* **EXERCISE DATA**
━━━━━━━━━━━━━━━━━━━━
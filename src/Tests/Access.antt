-- ===== src/Tests/Access.antt =====
-- The theorems on js/permissions and js/mailbox at concrete inputs.
use fount_p2p.Base.{
  ℕ, ◌≡◌, refl, none, some, [], ◌∷◌, Bool, true, arith, length, replicate, min, inl, inr, ◌&&◌,
  ◌||◌,
}
use fount_p2p.Base.JsMap.{get}
use fount_p2p.Core.HexIds.{Text, text_dec, is_event_id, is_hex_digit, all_hex, IsIn, contains}
use fount_p2p.Permissions.{Overrides, Schema, Roles, calculate}
use fount_p2p.Permissions.Evaluator.{calculate_lem, is_superuser, in_scope, role_grants}
use fount_p2p.Permissions.RoleOrder.{calculate_agrees}
use fount_p2p.Mailbox.Rate.{Limits, Entry, resolve_mailbox_rate_limits, take_all}
use fount_p2p.Mailbox.Rate.Window.{IsStale, take_all_lem}

abbrev view : Text
view = b'v' ∷ []

abbrev send : Text
send = b's' ∷ []

abbrev admin : Text
admin = b'a' ∷ []

abbrev everyone : Text
everyone = b'@' ∷ []

abbrev writer : Text
writer = b'w' ∷ []

abbrev schema : Schema
schema = record {
  order = view ∷ send ∷ admin ∷ [];
  superuser_name = admin;
  everyone_role_id = everyone;
}

abbrev only_view : Text → Bool
only_view p = contains p (view ∷ [])

abbrev only_send : Text → Bool
only_send p = contains p (send ∷ [])

abbrev roles : Roles
roles = (everyone, some only_view) ∷ (writer, none) ∷ []

-- Everyone may not send here; writers may.
abbrev overrides : Overrides
overrides =
    (everyone, record { deny = some only_send; allow = none })
    ∷ (writer, record { deny = none; allow = some only_send })
    ∷ []

calculate_lem_example : calculate schema (everyone ∷ writer ∷ []) roles (some overrides) send ≡ (
    contains send schema.order
    && (is_superuser schema (everyone ∷ writer ∷ []) roles
        || in_scope everyone
            (some overrides)
            (everyone ∷ writer ∷ [])
            (role_grants roles (everyone ∷ writer ∷ []) send)
            send))
calculate_lem_example = calculate_lem schema (everyone ∷ writer ∷ []) roles (some overrides) send

either_order : (x y t : Text) → IsIn t (x ∷ y ∷ []) → IsIn t (y ∷ x ∷ [])
either_order x y t (inl e) = inr (inl e)
either_order x y t (inr (inl e)) = inl e
either_order x y t (inr (inr e)) = absurd e

calculate_agrees_example :
    calculate schema (everyone ∷ writer ∷ []) roles (some overrides) send
    ≡ calculate schema (writer ∷ everyone ∷ []) roles (some overrides) send
calculate_agrees_example =
    calculate_agrees schema (everyone ∷ writer ∷ []) (writer ∷ everyone ∷ []) roles (some overrides)
      send (either_order everyone writer) (either_order writer everyone)

abbrev node : Text
node = replicate 64 b'a'

abbrev limits : Limits
limits = record { window_ms = 5000; max_puts = 2 }

node_valid : is_event_id node ≡ true
unfolding is_event_id all_hex is_hex_digit
node_valid = refl

no_entry : IsStale 100 (get {V = Entry} text_dec node [])
unfolding get
no_entry = tt

take_all_lem_example :
    take_all node limits (100 ∷ 200 ∷ 300 ∷ 400 ∷ []) []
    ≡ min
        (length {A = ℕ} (100 ∷ 200 ∷ 300 ∷ 400 ∷ []))
        (resolve_mailbox_rate_limits limits).max_puts
take_all_lem_example =
    take_all_lem node limits 100 (200 ∷ 300 ∷ 400 ∷ []) [] node_valid tt no_entry
      (omega arith, (omega arith, (omega arith, tt)))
━━━━━━━━━━━━━━━━━━━━
Produce exactly the lines from the one containing "(resolve_mailbox_rate_limits limits).max_puts" through the final line of the records above, both included, and no others.

* **EXERCISE OUTPUT**
        (resolve_mailbox_rate_limits limits).max_puts
take_all_lem_example =
    take_all_lem node limits 100 (200 ∷ 300 ∷ 400 ∷ []) [] node_valid tt no_entry
      (omega arith, (omega arith, (omega arith, tt)))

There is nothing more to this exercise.